Motivation

The motivation behind this experiment was to understand and visualize how VAPs behave normally under conditions of over expression of VAPA's and VAPB's respective wild types and P56S mutations. In addition to its normal behavior the desire of this experiment was to understand how VAPs behave with the presence and absence of the FFAT motif. Using Immunofluorescence allows for visual capture of diffusion of transmembrane proteins, proteins bound by the membrane, throughout the ER and Golgi apparatus in relation to the cell.

Procedure

In order to visualize this diffusion, Calreticulin and VAP-flag proteins were used as they both are "colocalized" in the cell when there is transport of transmembrane proteins from the ER to the Golgi.

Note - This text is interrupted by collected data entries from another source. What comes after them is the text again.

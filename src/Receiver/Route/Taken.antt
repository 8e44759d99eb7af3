-- ===== src/Receiver/Route/Taken.antt =====
-- `Buffer` of the receiver hands over a complete object, and forgets it.
use tssdgo.Prelude.{
  ℕ, ◌≡◌, ◌≢◌, refl, ap, ◌∙◌, ◌&&◌, inl, inr, Option, none, some, List, [], ◌∷◌, ◌==◌,
  if◌then◌else◌, Bool-cases, arith,
}
use tssdgo.Fragment.{Fragment}
use tssdgo.Buffer.{Buffer}
use tssdgo.Buffer.Assemble.{wanted, same_text}
use tssdgo.Registry.{lookup_key}
use tssdgo.Buffer.Assemble.Text.{same_text_refl, same_text→≡}
use tssdgo.Receiver.{RBuffer, Objects}
use tssdgo.Receiver.Route.{
  delete_key, or_empty, complete_in, take_complete, take_buffer, push_fragment,
}
use tssdgo.Receiver.Route.Filed.{
  objects_at, object_at, Distinct, delete_key-other, delete_key-same, with_objects, objects_at-with,
  IsSorted, pushed_object, push_fragment-object_at, push_fragment-IsSorted,
}

-- What the search for a complete object may answer.
abbrev Answers : Objects → Option (List ℕ × Buffer) → Type 0
Answers m none = (t : List ℕ) (b : Buffer) → lookup_key t m ≡ some b → wanted b ≢ 0
Answers m (some (tid, b)) = (lookup_key tid m ≡ some b) × (wanted b ≡ 0)

Answers-later :
    (k : List ℕ) (a : Buffer) (m : Objects) (o : Option (List ℕ × Buffer))
    → wanted a ≢ 0
    → lookup_key k m ≡ none
    → Answers m o
    → Answers ((k, a) ∷ m) o
Answers-later k a m none incomplete absent h = λ t b e. elim (Bool-cases (same_text k t)) [
  | inl y ↦ λ z.
      incomplete
        (let same : some a ≡ some b = rw y at e in let whole : a ≡ b = cc in ap wanted whole ∙ z)
  | inr n ↦ h t b (rw n at e)
]
Answers-later k a m (some (tid, b)) incomplete absent (there, done) =
    elim (Bool-cases (same_text k tid)) [
      | inl y ↦ absurd (let same = same_text→≡ k tid y in cc)
      | inr n ↦ (rw n there, done)
    ]

complete_in-Answers : (m : Objects) → Distinct m → Answers m (complete_in m)
unfolding complete_in
complete_in-Answers [] h = λ t b e. absurd cc
complete_in-Answers ((k, a) ∷ m) h = elim (Bool-cases (wanted a == 0)) [
  | inl y ↦ rw (y, same_text_refl k) (refl, ground arith)
  | inr n ↦
      let incomplete : wanted a ≢ 0 = λ z. ground arith in
      rw n (Answers-later k a m (complete_in m) incomplete h.0 (complete_in-Answers m h.1))
]

-- The answer and the receiver after `Buffer(family, version)`.
abbrev pub Takes : List ℕ → List ℕ → RBuffer → Option Buffer × RBuffer → Type 0
Takes family version r (none, r') =
    (r' ≡ r) × ((t : List ℕ) (b : Buffer) → object_at family version t r ≡ some b → wanted b ≢ 0)
Takes family version r (some b, r') =
    (wanted b ≡ 0)
    × ((tid : List ℕ) × (object_at family version tid r ≡ some b)
        × ((u v t : List ℕ)
            → object_at u v t r' ≡ (
                if same_text family u && same_text version v && same_text tid t
                then none
                else object_at u v t r)))

taken_at :
    (family version tid u v t : List ℕ) (r : RBuffer)
    → object_at u v t (with_objects family version (delete_key tid (objects_at family version r)) r)
      ≡ (if same_text family u && same_text version v && same_text tid t
          then none
          else object_at u v t r)
taken_at family version tid u v t r =
    let objects = objects_at family version r in
    let here = ap (lookup_key t) (objects_at-with family version u v (delete_key tid objects) r) in
    elim (Bool-cases (same_text family u)) [
      | inl e ↦ elim (Bool-cases (same_text version v)) [
        | inl y ↦
            let a = same_text→≡ family u e in
            let b = same_text→≡ version v y in
            elim (Bool-cases (same_text tid t)) [
              | inl z ↦
                  let c = same_text→≡ tid t z in
                  here ∙ rw (e, y, z, ← c) (delete_key-same tid objects)
              | inr z ↦ here ∙ rw (e, y, z) (delete_key-other tid t objects z ∙ rw (a, b) refl)
            ]
        | inr y ↦ here ∙ rw (e, y) refl
      ]
      | inr e ↦ here ∙ rw e refl
    ]

take_lem :
    (family version : List ℕ) (r : RBuffer) (o : Option (List ℕ × Buffer))
    → Answers (objects_at family version r) o
    → Takes family version r (
        take_complete family version
          (or_empty (lookup_key family r.results))
          (objects_at family version r)
          o
          r)
take_lem family version r none h = (refl, h)
take_lem family version r (some (tid, b)) (there, done) =
    (done, (tid, there, λ u v t. taken_at family version tid u v t r))

-- `Buffer(family, version)` hands over an object of that family and version that wants no fragment,
-- forgets it under its id, and leaves every other object; it hands over nothing only if every
-- object there wants a fragment, and then nothing changes. No id must be there twice.
pub take_buffer-Takes :
    (family version : List ℕ) (r : RBuffer)
    → Distinct (objects_at family version r)
    → Takes family version r (take_buffer family version r)
unfolding take_buffer
take_buffer-Takes family version r h =
    take_lem family version r (complete_in (objects_at family version r))
      (complete_in-Answers (objects_at family version r) h)

is_some-Takes :
    (family version tid : List ℕ) (r : RBuffer) (b : Buffer) (answer : Option Buffer × RBuffer)
    → Takes family version r answer
    → object_at family version tid r ≡ some b
    → wanted b ≡ 0
    → (whole : Buffer) × (answer.0 ≡ some whole) × (wanted whole ≡ 0)
is_some-Takes family version tid r b (none, r') h there done = absurd (h.1 tid b there done)
is_some-Takes family version tid r b (some whole, r') h there done = (whole, refl, h.0)

module _ (index : List (List ℕ × (List ℕ × List ℕ))) where
  -- When `Push` of the receiver reports no error, `Buffer` for the family and version of the
  -- fragment hands over a complete object.
  pub take_buffer-push_fragment :
      (f : Fragment) (r : RBuffer) (family version : List ℕ)
      → IsSorted index r
      → lookup_key f.schema.types index ≡ some (family, version)
      → (push_fragment index f r).0 ≡ none
      → (whole : Buffer) × ((take_buffer family version (push_fragment index f r).1).0 ≡ some whole)
        × (wanted whole ≡ 0)
  take_buffer-push_fragment f r family version sorted e h =
      let (filed, answer, others) = push_fragment-object_at index f r family version e in
      let (complete, fine) = answer h in
      let r' = (push_fragment index f r).1 in
      let there : object_at family version f.schema.tid r'
          ≡ some (pushed_object family version f r).2 =
        filed family version f.schema.tid
        ∙ rw (same_text_refl family, same_text_refl version, same_text_refl f.schema.tid) refl in
      let distinct = (push_fragment-IsSorted index f r sorted).1 family version in
      is_some-Takes family version f.schema.tid r' (pushed_object family version f r).2
        (take_buffer family version r') (take_buffer-Takes family version r' distinct) there
        complete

The steps for Immunofluorescence:

1. Paraformaldehyde is used to fix the cells allowing cross-linkage of primary amines and stop all movement of proteins in cells

2. The cells are then permeabilized through use of the detergent Saponin, which punches holes in the cell to allow for entrance of anti-bodies

3. Junk Proteins (Goat serum + albumin) is used to block other cells from binding to fluorescence anti-bodies

4. Flag anti-bodies are attached to the beginning of the proteins of interest (VAPA/VAPB and Calreticulin)

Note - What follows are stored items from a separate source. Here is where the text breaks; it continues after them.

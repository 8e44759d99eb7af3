-- ===== src/ReceiverExamples.antt =====
-- A fragment in two pieces behind two bytes of noise, and a receiver that holds the first piece.
use tssdgo.Prelude.{
  take, drop, Bool, true, false, ℕ, ◌+◌, ◌≡◌, refl, Option, none, some, List, [], ◌∷◌, ◌++◌, length,
}
use tssdgo.Wire.{Error, Result, Schema, ok, magic}
use tssdgo.TypeInfo.Encode.{encode}
use tssdgo.Receiver.{
  search_kept, search_joint, search_new, found_magic, RBuffer, new_rbuffer, index_of, detect_magic,
  reset,
}
use tssdgo.Receiver.Detect.{located, detect_magic-located}
use tssdgo.Receiver.Extract.{
  unmarshal_fragment, parse_heads, parse_schema, parse_payload, parse_checksum,
  dump_merge_array_header, check_fragment, cut_fragment, validate, extract, extract_loop,
  take_fragment,
}
use tssdgo.Receiver.Frame.{frame_of}
use tssdgo.Receiver.Progress.{Asks, Asks-extract}
use tssdgo.Buffer.Read.Returns.{Returns}
use tssdgo.Receiver.Rounds.{extract-Returns}
use tssdgo.Receiver.Reader.{
  Blames, extract_reader, extract_reader_loop, drain, extract_reader-Blames,
}
use tssdgo.Receiver.Route.{push_fragment, delete_key}
use tssdgo.Buffer.Assemble.{push, wanted, wanted_loop, adopt}
use tssdgo.Fragment.{raw_data}
use tssdgo.TypeInfo.Dump.{dump, str_dump, string_dump, mem_dump}
use tssdgo.Buffer.Read.{
  read, read_on, read_rest, skip_used, take_chunk, check_dump_size, check_dump_sizet, dump_size2,
  dump_size4, read_byte,
}

abbrev no_parse : List ℕ → Option ℕ
no_parse bs = none

abbrev no_format : ℕ → List ℕ
no_format t = []

abbrev length_sum : List ℕ → List ℕ
length_sum bs = length bs ∷ 7 ∷ []

abbrev sent_schema : Schema
sent_schema = record { fid = 1; types = b'a' ∷ b'b' ∷ []; tid = b'x' ∷ []; info = [] }

abbrev sent_payload : List ℕ
sent_payload = 1 ∷ 2 ∷ 3 ∷ 4 ∷ 5 ∷ 6 ∷ 7 ∷ 8 ∷ 9 ∷ 10 ∷ 11 ∷ 12 ∷ []

abbrev sent_sum : List ℕ
sent_sum = 56 ∷ 7 ∷ []

abbrev noise : List ℕ
noise = 9 ∷ b'T' ∷ []

abbrev half_magic : List ℕ
half_magic = b'T' ∷ b'S' ∷ b'S' ∷ []

-- The noise and the first three bytes of the magic are held.
abbrev holding : RBuffer
holding = record new_rbuffer { data_bytes = noise ++ half_magic }

abbrev later_bytes : List ℕ
later_bytes = b'T' ∷ b'S' ∷ []

abbrev second_half : List ℕ → List ℕ
second_half (a ∷ b ∷ c ∷ bs) = bs
second_half bs = []

abbrev sent : List ℕ
sent = frame_of no_format sent_schema sent_payload sent_sum ++ later_bytes

abbrev arriving : List ℕ
arriving = second_half sent

detect_magic-located_example :
    detect_magic arriving 0 holding
    ≡ located
        (index_of magic (holding.data_bytes ++ arriving))
        (holding.data_bytes ++ arriving)
        holding
unfolding new_rbuffer
detect_magic-located_example = detect_magic-located arriving holding refl

Asks-extract_example : Asks (extract no_parse length_sum (9 ∷ 9 ∷ []) holding)
Asks-extract_example = Asks-extract no_parse length_sum (9 ∷ 9 ∷ []) holding

extract-Returns_example :
    Returns (extract no_parse length_sum arriving (reset holding))
    × ((k : ℕ)
        → extract no_parse length_sum arriving (reset holding)
          ≡ extract_loop no_parse length_sum
              (length noise + length half_magic + length arriving + 2 + k)
              arriving
              0
              (reset holding))
unfolding reset
extract-Returns_example = extract-Returns no_parse length_sum arriving (reset holding)

-- A reader over bytes, which gives an error at their end.
abbrev byte_reader : ℕ → List ℕ → List ℕ × Option Error × List ℕ
byte_reader n [] = ([], some Error.other, [])
byte_reader n (x ∷ xs) = (take n (x ∷ xs), none, drop n (x ∷ xs))

abbrev ab_type : List (List ℕ × (List ℕ × List ℕ))
ab_type = (b'a' ∷ b'b' ∷ [], (b'F' ∷ [], b'1' ∷ [])) ∷ []

extract_reader-Blames_example :
    Blames ab_type no_parse length_sum (List ℕ) byte_reader (noise ++ sent) (
      extract_reader ab_type no_parse length_sum
        (List ℕ)
        byte_reader
        9
        4
        new_rbuffer
        (noise ++ sent))
extract_reader-Blames_example =
    extract_reader-Blames ab_type no_parse length_sum (List ℕ) byte_reader 9 4 new_rbuffer
      (noise ++ sent)

abbrev has_returned : Result (Option Error × RBuffer × List ℕ) → Bool
has_returned (ok (e, r, s)) = true
has_returned _ = false

reader_returns :
    has_returned (
      extract_reader ab_type no_parse length_sum
        (List ℕ)
        byte_reader
        9
        4
        new_rbuffer
        (noise ++ sent))
    ≡ true
unfolding extract_reader extract_reader_loop drain extract extract_loop detect_magic search_kept
    search_joint search_new found_magic index_of unmarshal_fragment parse_heads parse_schema
    parse_payload parse_checksum dump_merge_array_header check_fragment cut_fragment validate
    take_fragment push_fragment reset new_rbuffer dump encode push wanted wanted_loop adopt
    delete_key raw_data str_dump string_dump mem_dump read read_on read_rest skip_used take_chunk
    check_dump_size check_dump_sizet dump_size2 dump_size4 read_byte
reader_returns = refl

• This is done as there aren't specific anti-bodies for fluorescence of every protein and/or it is more expensive to do so

5. Junk proteins are used again for additional binding

6. Secondary antibodies are binded to primary anti-bodies in order to enhance imaging and different colorways

7. Confocal Microscope is used for imaging

Results

VAPA WT -FFAT/+FFAT

• VAPA normally diffuses through the ER and Golgi allowing calreticulin and VAPA to move throughout the membrane

• In +FFAT calreticulin and VAPA are more spread out but have both left the ER

VAPA P56S -FFAT/+FFAT

• VAPA normally diffuses through the ER and Golgi allowing calreticulin and VAPA to move throughout the membrane

VAPB WT -FFAT/+FFAT

• VAPB normally diffuses through the ER and Golgi allowing calreticulin and VAPB to move throughout the membrane

• Some aggregation but not significant

VAPB P56S -FFAT

• Aggregates are formed within the ER

• VAPB is trapped in the ER

• Normal diffusion of VAPB does not happen

• Immobile obstacles in the ER membrane are present not allowing newly synthesized proteins to easily leave through ER exit sites

VAPB P56S +FFAT

• VAPB normally diffuses through the ER and Golgi allowing calreticulin and VAPB to move throughout the membrane

• Some aggregation but not significant

• Transmembrane proteins can't diffuse properly with expression of certain VAPs

Addition of FFAT helps in diffusion of VAPB P56S

Quantitative Analysis through Cell Segmentation

Motivation

The motivation behind this experiment was to quantify the result from the Immunofluorescence of VAPs and Calreticulin experiment. This was done in order to compare the percentage of cells that had aggregates in the ER

Procedure

The steps for quantifying the results of the Immunofluorescence of VAPs and Calreticulin experiment:

1. Image multiple cells to create a substantial sample pool

2. Use a software that will segment the cells breaking them into many parts of the whole

3. Break cells into regions containing proteins and regions not containing proteins

4. Calculate the percentage of cells with ER aggregate regions (segments > 300nm

Results

VAPA -FFAT/+FFAT does not contain any substantial aggregate regions

VAPB WT -FFAT/+FFAT does not contain any significant ER aggregates

VAPB P56S -FFAT amassed around 70% of cells having aggregates

VAPB P56S +FFAT reduced 70% to around 38% leading to discussion on the effect of the FFAT motif and ER aggregation

• FFAT motif helps in removing immobile obstacles by allowing MSP domain fold properly allowing for less aggregation

Table 1: The quantification of the Immunofluorescence experiment.